Scan the listing for the word "routes" and report every line that contains it.
=== The data ===
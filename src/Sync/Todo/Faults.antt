-- ===== src/Sync/Todo/Faults.antt =====
-- The loop of src/routes/sync/todo on a payload that carries another id than its change, on two
-- updates of one row, and on an update without data.
use teddy_fyi_api_rust.Prelude.{
  ◌≡◌, ◌≢◌, refl, ap, String, true, false, Option, none, some, [], ◌∷◌, str_eq_iff, arith, ◌∙◌,
}
use teddy_fyi_api_rust.Prelude.Int.{ℤ}
use teddy_fyi_api_rust.Json.{Value, is_null}
use teddy_fyi_api_rust.Errors.{ok, committed}
use teddy_fyi_api_rust.Sync.Versioning.{advance_version, seed_version}
use teddy_fyi_api_rust.Sync.Types.{update, ChangeDelta, insert, is_update, synced}
use teddy_fyi_api_rust.Sync.Todo.Table.{
  Row, Table, Request, insert_on_conflict, dangles, upsert_row, Upsert, written,
}
use teddy_fyi_api_rust.Sync.Todo.Decide.{
  owns, Item, put, bump, existing_map, decide, write, decide_write, decide_delete, decide_upsert,
  decide_bump, decide_need_update, next_version, has_no_data,
}
use teddy_fyi_api_rust.Sync.Todo.Process.{Outcome, process_changes}
use teddy_fyi_api_rust.Sync.Todo.OneByOne.{
  write_now, perform_now, begin, one_by_one, process_one_by_one,
}
use teddy_fyi_api_rust.Sync.Todo.Rows.{existing_map-agrees}
use teddy_fyi_api_rust.Sync.Todo.Equivalence.{process_changes_one_by_one}

module _ {C : Type 0} (from_value : Value → Option (Item C))
    (prepare : ChangeDelta → Item C → Item C × String) (req : Request C) where
  -- No change of a todo table asks for a version bump: the branch that would is behind the test
  -- that sends every update without data back as an echo.
  pub no_version_bump :
      (existing : Table C) (change : ChangeDelta) (id : String) (version : ℤ)
      → decide from_value prepare req.user_id existing change ≢ ok (write (bump id version))
  unfolding decide decide_write decide_delete decide_upsert decide_bump decide_need_update
      has_no_data
  no_version_bump existing change id version e = ground arith

  abbrev seeded : ChangeDelta → Item C → Upsert C
  seeded change item =
      let (prepared, client) = prepare change item in
      record {
        id = prepared.id;
        columns = prepared.columns;
        created_at = prepared.created_at;
        version = prepared.version;
        is_deleted = prepared.is_deleted;
        updated_by = client;
      }

  decide_insert :
      (existing : Table C) (change : ChangeDelta) (v : Value) (item : Item C)
      → change.operation_type ≡ insert
      → change.payload ≡ some v
      → from_value v ≡ some item
      → existing change.id ≡ none
      → seed_version change.id (prepare change item).0.version ≡ ok (prepare change item).0.version
      → decide from_value prepare req.user_id existing change
        ≡ ok (write (put (seeded change item)))
  unfolding decide decide_write decide_upsert next_version is_update
  decide_insert existing change v item i p q n s = ground arith

  insert_now :
      (existing t : Table C) (change : ChangeDelta) (v : Value) (item : Item C)
      → decide from_value prepare req.user_id existing change
        ≡ ok (write (put (seeded change item)))
      → req.references (prepare change item).0.columns ≡ true
      → one_by_one from_value prepare req existing (change ∷ []) (begin req t)
        ≡ ok (record {
          table = upsert_row req (seeded change item) t;
          success_ids = change.id ∷ [];
          upload_status = synced change.id (prepare change item).0.version ∷ [];
          remote_changes = [];
        })
  unfolding one_by_one begin perform_now write_now insert_on_conflict dangles upsert_row
  insert_now existing t change v item d refers = rw (d, refers)

  existing_map-none :
      (t : Table C) (change : ChangeDelta)
      → t change.id ≡ none
      → existing_map (change ∷ []) t change.id ≡ none
  unfolding existing_map
  existing_map-none t change h = ground arith

  -- The owner is looked up under the change's id, and the row is written under the payload's: an
  -- insert of an id that the table does not hold, with a payload that can be read, names an acceptable
  -- first version and refers only to rows that are there, is applied also where the payload carries
  -- the id of a row that is there, whoever owns it, and makes the caller the owner of that row, with
  -- the columns of the payload.
  pub upsert_takes_over :
      (t : Table C) (change : ChangeDelta) (v : Value) (item : Item C) (victim : Row C)
      → change.operation_type ≡ insert
      → change.payload ≡ some v
      → from_value v ≡ some item
      → t change.id ≡ none
      → t (prepare change item).0.id ≡ some victim
      → seed_version change.id (prepare change item).0.version ≡ ok (prepare change item).0.version
      → req.references (prepare change item).0.columns ≡ true
      → (o : Outcome C) × (row : Row C) × (committed
            (process_changes from_value prepare req (change ∷ []) t)
          ≡ some o)
        × (o.table (prepare change item).0.id ≡ some row)
        × (row.user_id ≡ some req.user_id)
        × (row.columns ≡ (prepare change item).0.columns)
  unfolding process_one_by_one
  upsert_takes_over t change v item victim i p q n h s refers =
      let d =
        decide_insert (existing_map (change ∷ []) t) change v item i p q
          (existing_map-none t change n) s in
      let u = seeded change item in
      (
        record {
          table = upsert_row req u t;
          success_ids = change.id ∷ [];
          upload_status = synced change.id u.version ∷ [];
          remote_changes = [];
        },
        written req u (some victim),
        process_changes_one_by_one from_value prepare req (change ∷ []) t
            ∙ ap committed (insert_now (existing_map (change ∷ []) t) t change v item d refers),
        unfold upsert_row in ground (arith, str_eq_iff u.id u.id),
        unfold written in refl,
        unfold written in refl,
      )

  abbrev pub advanced : ChangeDelta → Item C → ℤ → Upsert C
  advanced change item version =
      let (prepared, client) = prepare change item in
      record {
        id = prepared.id;
        columns = prepared.columns;
        created_at = prepared.created_at;
        version = version;
        is_deleted = prepared.is_deleted;
        updated_by = client;
      }

  -- A change that carries an update of a row of the caller's, which is at a version that advances to
  -- `n`, with columns that refer only to rows that are there.
  pub record OwnUpdate (existing : Table C) (n : ℤ) (change : ChangeDelta) (item : Item C)
      : Type 0 where
    pub value : Value
    pub row : Row C
    pub is_an_update : change.operation_type ≡ update
    pub carries : change.payload ≡ some value
    pub not_null : is_null value ≡ false
    pub reads : from_value value ≡ some item
    pub held : existing change.id ≡ some row
    pub owned : owns req.user_id row ≡ true
    pub advances : advance_version change.id row.version ≡ ok n
    pub refers : req.references (prepare change item).0.columns ≡ true

  pub decide_update :
      (existing : Table C) (n : ℤ) (change : ChangeDelta) (item : Item C)
      → OwnUpdate existing n change item
      → decide from_value prepare req.user_id existing change
        ≡ ok (write (put (advanced change item n)))
  unfolding decide decide_write decide_upsert next_version is_update has_no_data
  decide_update existing n change item u =
      ground (arith, u.is_an_update, u.carries, u.not_null, u.reads, u.held, u.owned, u.advances)

  two_now :
      (existing t : Table C) (n : ℤ) (c c' : ChangeDelta) (i i' : Item C)
      → decide from_value prepare req.user_id existing c ≡ ok (write (put (advanced c i n)))
      → decide from_value prepare req.user_id existing c' ≡ ok (write (put (advanced c' i' n)))
      → req.references (prepare c i).0.columns ≡ true
      → req.references (prepare c' i').0.columns ≡ true
      → one_by_one from_value prepare req existing (c ∷ c' ∷ []) (begin req t)
        ≡ ok (record {
          table = upsert_row req (advanced c' i' n) (upsert_row req (advanced c i n) t);
          success_ids = c.id ∷ c'.id ∷ [];
          upload_status = synced c.id n ∷ synced c'.id n ∷ [];
          remote_changes = [];
        })
  unfolding one_by_one begin perform_now write_now insert_on_conflict dangles upsert_row
  two_now existing t n c c' i i' d d' f f' = rw (d, f, d', f')

  OwnUpdate-read :
      (existing t : Table C) (n : ℤ) (change : ChangeDelta) (item : Item C)
      → existing change.id ≡ t change.id
      → OwnUpdate t n change item
      → OwnUpdate existing n change item
  OwnUpdate-read existing t n change item e u = record {
    value = u.value;
    row = u.row;
    is_an_update = u.is_an_update;
    carries = u.carries;
    not_null = u.not_null;
    reads = u.reads;
    held = e ∙ u.held;
    owned = u.owned;
    advances = u.advances;
    refers = u.refers;
  }

  -- Two updates of one row in one request, which is the caller's and can advance, each with a
  -- payload that can be read and refers only to rows that are there, are both applied, and both report the same version, the one after the
  -- row's: the rows are read once, before the loop.
  pub updates_share_version :
      (t : Table C) (n : ℤ) (c c' : ChangeDelta) (i i' : Item C)
      → c'.id ≡ c.id
      → OwnUpdate t n c i
      → OwnUpdate t n c' i'
      → (o : Outcome C) × (committed (process_changes from_value prepare req (c ∷ c' ∷ []) t)
          ≡ some o)
        × (o.upload_status ≡ synced c.id n ∷ synced c.id n ∷ [])
  unfolding process_one_by_one
  updates_share_version t n c c' i i' same u u' =
      let existing = existing_map (c ∷ c' ∷ []) t in
      let agree = existing_map-agrees (c ∷ c' ∷ []) t in
      let d = decide_update existing n c i (OwnUpdate-read existing t n c i agree.0 u) in
      let d' = decide_update existing n c' i' (OwnUpdate-read existing t n c' i' agree.1.0 u') in
      (
        record {
          table = upsert_row req (advanced c' i' n) (upsert_row req (advanced c i n) t);
          success_ids = c.id ∷ c'.id ∷ [];
          upload_status = synced c.id n ∷ synced c'.id n ∷ [];
          remote_changes = [];
        },
        process_changes_one_by_one from_value prepare req (c ∷ c' ∷ []) t
            ∙ ap committed (two_now existing t n c c' i i' d d' u.refers u'.refers),
        ap (λ x. synced c.id n ∷ synced x n ∷ []) same,
      )
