-- ===== src/Sync/Versioning/Ceiling.antt =====
-- How far a version can move: the ceiling of src/routes/sync/versioning.rs.
use teddy_fyi_api_rust.Prelude.{ℕ, suc, ◌≡◌, String, arith, leb, if◌then◌else◌}
use teddy_fyi_api_rust.Prelude.Int.{ℤ, pos, ◌≤ℤ◌}
use teddy_fyi_api_rust.Errors.{ok, err, conflict}
use teddy_fyi_api_rust.Sync.Versioning.{advance_version}

pub advance_version_at :
    (id : String) (m n : ℕ)
    → n ≡ suc m
    → advance_version id (pos m) ≡ (if leb n 2_000_000_000 then ok (pos n) else err (conflict id))
unfolding advance_version
advance_version_at id m n h = ground arith

-- Whatever is stored, an accepted write does not lower it.
pub advance_version-le : (id : String) (v w : ℤ) → advance_version id v ≡ ok w → v ≤ℤ w
unfolding advance_version
advance_version-le id v w h = ground arith
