-- ===== src/Sync/Todo/InTurn.antt =====
-- One row of src/routes/sync/todo over many requests, and its version up to the ceiling of
-- src/routes/sync/versioning.rs.
use teddy_fyi_api_rust.Prelude.{
  ℕ, zero, suc, ◌+◌, ◌≤◌, ◌<◌, ◌≡◌, refl, ap, ◌∙◌, subst, String, true, false, Option, none, some,
  [], ◌∷◌, ◌⊎◌, inl, inr, arith, leb, Bool-cases, str_eq_iff,
}
use teddy_fyi_api_rust.Prelude.Int.{ℤ, pos}
use teddy_fyi_api_rust.Json.{Value, is_null}
use teddy_fyi_api_rust.Errors.{ok, err, conflict, committed}
use teddy_fyi_api_rust.Sync.Versioning.{advance_version}
use teddy_fyi_api_rust.Sync.Versioning.Ceiling.{advance_version_at}
use teddy_fyi_api_rust.Sync.Types.{update, ChangeDelta, is_update, synced}
use teddy_fyi_api_rust.Sync.Todo.Table.{
  Row, Table, Request, insert_on_conflict, dangles, upsert_row, written,
}
use teddy_fyi_api_rust.Sync.Todo.Decide.{
  owns, Item, put, existing_map, decide, write, decide_write, decide_upsert, next_version,
  has_no_data,
}
use teddy_fyi_api_rust.Sync.Todo.Process.{process_changes}
use teddy_fyi_api_rust.Sync.Todo.OneByOne.{
  write_now, perform_now, begin, one_by_one, process_one_by_one,
}
use teddy_fyi_api_rust.Sync.Todo.Rows.{existing_map-agrees}
use teddy_fyi_api_rust.Sync.Todo.Equivalence.{process_changes_one_by_one}
use teddy_fyi_api_rust.Sync.Todo.Faults.{OwnUpdate, advanced, decide_update}

module _ {C : Type 0} (from_value : Value → Option (Item C))
    (prepare : ChangeDelta → Item C → Item C × String) (req : Request C)
    (change : ChangeDelta) where
  -- The change is sent `n` times, each time in a request of its own; nothing, once one fails.
  unfoldable pub after_requests : ℕ → Table C → Option (Table C)
  after_requests zero t = some t
  after_requests (suc n) t =
      elim (committed (process_changes from_value prepare req (change ∷ []) t)) [
        | none ↦ none
        | some o ↦ after_requests n o.table
      ]

  -- An update with a payload that can be read, names the change's own id, and refers only to rows that
  -- are there.
  pub record Readable (item : Item C) : Type 0 where
    pub value : Value
    pub is_an_update : change.operation_type ≡ update
    pub carries : change.payload ≡ some value
    pub not_null : is_null value ≡ false
    pub reads : from_value value ≡ some item
    pub names : (prepare change item).0.id ≡ change.id
    pub refers : req.references (prepare change item).0.columns ≡ true

  -- The caller's own row, at a version.
  pub record OwnRow (t : Table C) (v : ℕ) : Type 0 where
    pub row : Row C
    pub held : t change.id ≡ some row
    pub owned : owns req.user_id row ≡ true
    pub version : row.version ≡ pos v

  module _ (item : Item C) (readable : Readable item) where
    own_update :
        (t : Table C) (v : ℕ) (n : ℤ) (own : OwnRow t v)
        → advance_version change.id (pos v) ≡ ok n
        → OwnUpdate from_value prepare req t n change item
    own_update t v n own e = record {
      value = readable.value;
      row = own.row;
      is_an_update = readable.is_an_update;
      carries = readable.carries;
      not_null = readable.not_null;
      reads = readable.reads;
      held = own.held;
      owned = own.owned;
      advances = ap (advance_version change.id) own.version ∙ e;
      refers = readable.refers;
    }

    OwnRow-read : (t : Table C) (v : ℕ) → OwnRow t v → OwnRow (existing_map (change ∷ []) t) v
    OwnRow-read t v own = record {
      row = own.row;
      held = (existing_map-agrees (change ∷ []) t).0 ∙ own.held;
      owned = own.owned;
      version = own.version;
    }

    abbrev next : Table C → ℤ → Table C
    next t n = upsert_row req (advanced from_value prepare req change item n) t

    update_now :
        (existing t : Table C) (n : ℤ)
        → decide from_value prepare req.user_id existing change
          ≡ ok (write (put (advanced from_value prepare req change item n)))
        → one_by_one from_value prepare req existing (change ∷ []) (begin req t)
          ≡ ok (record {
            table = next t n;
            success_ids = change.id ∷ [];
            upload_status = synced change.id n ∷ [];
            remote_changes = [];
          })
    unfolding one_by_one begin perform_now write_now insert_on_conflict dangles upsert_row
    update_now existing t n d = rw (d, readable.refers)

    request_advances :
        (t : Table C) (v m : ℕ)
        → OwnRow t v
        → advance_version change.id (pos v) ≡ ok (pos (suc v))
        → after_requests (suc m) t ≡ after_requests m (next t (pos (suc v)))
    unfolding after_requests process_one_by_one
    request_advances t v m own e =
        let existing = existing_map (change ∷ []) t in
        let d =
          decide_update from_value prepare req existing (pos (suc v)) change item
            (own_update existing v (pos (suc v)) (OwnRow-read t v own) e) in
        let done =
          process_changes_one_by_one from_value prepare req (change ∷ []) t
          ∙ ap committed (update_now existing t (pos (suc v)) d) in
        rw (after_requests, done) refl

    decide_refused :
        (existing : Table C) (v : ℕ)
        → OwnRow existing v
        → advance_version change.id (pos v) ≡ err (conflict change.id)
        → decide from_value prepare req.user_id existing change ≡ err (conflict change.id)
    unfolding decide decide_write decide_upsert next_version is_update has_no_data
    decide_refused existing v own e =
        let at_row : advance_version change.id own.row.version ≡ err (conflict change.id) =
          ap (advance_version change.id) own.version ∙ e in
        ground (
          arith, readable.is_an_update, readable.carries, readable.not_null, readable.reads,
          own.held, own.owned, at_row,
        )

    request_refused :
        (t : Table C) (v m : ℕ)
        → OwnRow t v
        → advance_version change.id (pos v) ≡ err (conflict change.id)
        → after_requests (suc m) t ≡ none
    unfolding after_requests process_one_by_one one_by_one
    request_refused t v m own e =
        let existing = existing_map (change ∷ []) t in
        let d = decide_refused existing v (OwnRow-read t v own) e in
        rw (after_requests, process_changes_one_by_one from_value prepare req (change ∷ []) t, d)
          refl

    OwnRow-next : (t : Table C) (v : ℕ) → OwnRow t v → OwnRow (next t (pos (suc v))) (suc v)
    unfolding upsert_row written owns
    OwnRow-next t v own = record {
      row = written req (advanced from_value prepare req change item (pos (suc v))) (some own.row);
      held =
          ground (arith, str_eq_iff change.id (prepare change item).0.id, readable.names, own.held);
      owned = ground (arith, str_eq_iff req.user_id req.user_id);
      version = refl;
    }

    -- A row of the caller's at version `v`, at most the ceiling of 2,000,000,000, to which one update is
    -- sent `n` times, each in a request of its own, is at `v + n` and still the caller's if that is
    -- within the ceiling; otherwise one of the requests fails. The update's payload can be read, names
    -- the row's id, and refers only to rows that are there.
    pub updates_in_turn :
        (n v : ℕ) (t : Table C)
        → OwnRow t v
        → v ≤ 2_000_000_000
        → ((v + n ≤ 2_000_000_000)
            × ((t' : Table C) × (after_requests n t ≡ some t') × OwnRow t' (v + n)))
          ⊎ ((2_000_000_000 < v + n) × (after_requests n t ≡ none))
    unfolding after_requests
    updates_in_turn zero v t own h =
        inl (omega (arith, h), (t, refl, subst (OwnRow t) (omega arith) own))
    updates_in_turn (suc n) v t own h = elim (Bool-cases (leb (suc v) 2_000_000_000)) [
      | inl room ↦
          let e : advance_version change.id (pos v) ≡ ok (pos (suc v)) =
            ground (arith, advance_version_at change.id v (suc v) refl, room) in
          let step = request_advances t v n own e in
          elim (updates_in_turn n (suc v) (next t (pos (suc v))) (OwnRow-next t v own)
            (ground (arith, room))) [
              | inl (within, (t', same, later)) ↦
                  inl (
                    omega (arith, within),
                    (t', step ∙ same, subst (OwnRow t') (omega arith) later),
                  )
              | inr (beyond, fails) ↦ inr (omega (arith, beyond), step ∙ fails)
            ]
      | inr full ↦
          let e : advance_version change.id (pos v) ≡ err (conflict change.id) =
            ground (arith, advance_version_at change.id v (suc v) refl, full) in
          inr (ground (arith, full), request_refused t v n own e)
    ]
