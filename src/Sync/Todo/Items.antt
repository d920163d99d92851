-- ===== src/Sync/Todo/Items.antt =====
-- `process_todo_changes` (src/routes/sync/todo/todo_items.rs), and which items take an icon that the
-- server chose (src/routes/sync/todo/icons.rs).
use teddy_fyi_api_rust.Prelude.{
  true, ℕ, ◌≤◌, ◌≡◌, ap, sym, ◌∙◌, fun_ext, String, Bool, not, ◌&&◌, Option, none, some, List,
  str_eq, ltb, length, if◌then◌else◌, arith,
}
use teddy_fyi_api_rust.Prelude.Int.{ℤ}
use teddy_fyi_api_rust.Prelude.Strings.{is_blank}
use teddy_fyi_api_rust.Json.{Value}
use teddy_fyi_api_rust.Errors.{Result}
use teddy_fyi_api_rust.Sync.Types.{ChangeDelta}
use teddy_fyi_api_rust.Sync.Todo.Table.{Table, Caller, Request, with_references}
use teddy_fyi_api_rust.Sync.Todo.Decide.{Item}
use teddy_fyi_api_rust.Sync.Todo.Process.{Outcome, process_changes}

-- The columns of `todo_items` that a client sends and the server keeps.
pub record TodoColumns : Type 0 where
  pub title : String
  pub is_completed : Bool
  pub position : ℤ
  pub scheduled_date : Option String
  pub recurrence_rule : Option String
  pub scheduled_at : ℤ
  pub parent_id : Option String
  pub is_daily : Bool
  pub due_date : Option ℤ
  pub description : Option String
  pub list_id : Option String
  pub priority : ℤ
  pub icon : Option String

unfoldable pub wants_server_icon : TodoColumns → ℕ → Bool
wants_server_icon item batch_len =
    ltb batch_len 3
    && str_eq (elim item.icon [ none ↦ "" | some icon ↦ icon ]) ""
    && not (is_blank item.title)

-- An item that wants an icon, and has one resolved for its change, is written with it, in the name of
-- the server.
unfoldable pub take_icon :
    (String → Option String)
    → String
    → ℕ
    → ChangeDelta
    → Item TodoColumns
    → Item TodoColumns × String
unfolding wants_server_icon
take_icon resolved_icons client_id batch_len change item =
    if wants_server_icon item.columns batch_len
    then elim (resolved_icons change.id) [
      | some icon ↦
          (record item { columns = record (item.columns) { icon = some icon } }, "SERVER-AI")
      | none ↦ (item, client_id)
    ]
    else (item, client_id)

module _ (from_value : Value → Option (Item TodoColumns)) (caller : Caller)
    (lists : String → Bool) where
  -- `"listId" REFERENCES "todo_lists"("id")`: `lists` are the ids that `todo_lists` holds.
  abbrev req : Request TodoColumns
  req =
      with_references caller (λ columns. elim columns.list_id [ none ↦ true | some id ↦ lists id ])

  unfoldable pub process_todo_changes :
      (String → Option String) → List ChangeDelta → Table TodoColumns → Result (Outcome TodoColumns)
  process_todo_changes resolved_icons changes t =
      process_changes from_value (take_icon resolved_icons req.client_id (length changes)) req
        changes t

  take_icon-bulk :
      (icons : String → Option String) (n : ℕ) (change : ChangeDelta) (item : Item TodoColumns)
      → 3 ≤ n
      → take_icon icons req.client_id n change item ≡ (item, req.client_id)
  unfolding take_icon
  take_icon-bulk icons n change item h = ground arith

  -- A batch of three changes or more is processed as if no icon had been resolved, whatever the map
  -- of resolved icons holds.
  pub bulk_takes_no_icon :
      (icons : String → Option String) (changes : List ChangeDelta) (t : Table TodoColumns)
      → 3 ≤ length changes
      → process_todo_changes icons changes t ≡ process_todo_changes (λ id. none) changes t
  unfolding process_todo_changes
  bulk_takes_no_icon icons changes t h =
      ap (λ p. process_changes from_value p req changes t)
        (fun_ext λ c. fun_ext λ i.
          take_icon-bulk icons (length changes) c i h
          ∙ sym (take_icon-bulk (λ id. none) (length changes) c i h))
===
● Solution:
-- The loop of src/routes/sync/todo on a payload that carries another id than its change, on two
-- How far a version can move: the ceiling of src/routes/sync/versioning.rs.
-- One row of src/routes/sync/todo over many requests, and its version up to the ceiling of
-- src/routes/sync/versioning.rs.
-- `process_todo_changes` (src/routes/sync/todo/todo_items.rs), and which items take an icon that the
-- server chose (src/routes/sync/todo/icons.rs).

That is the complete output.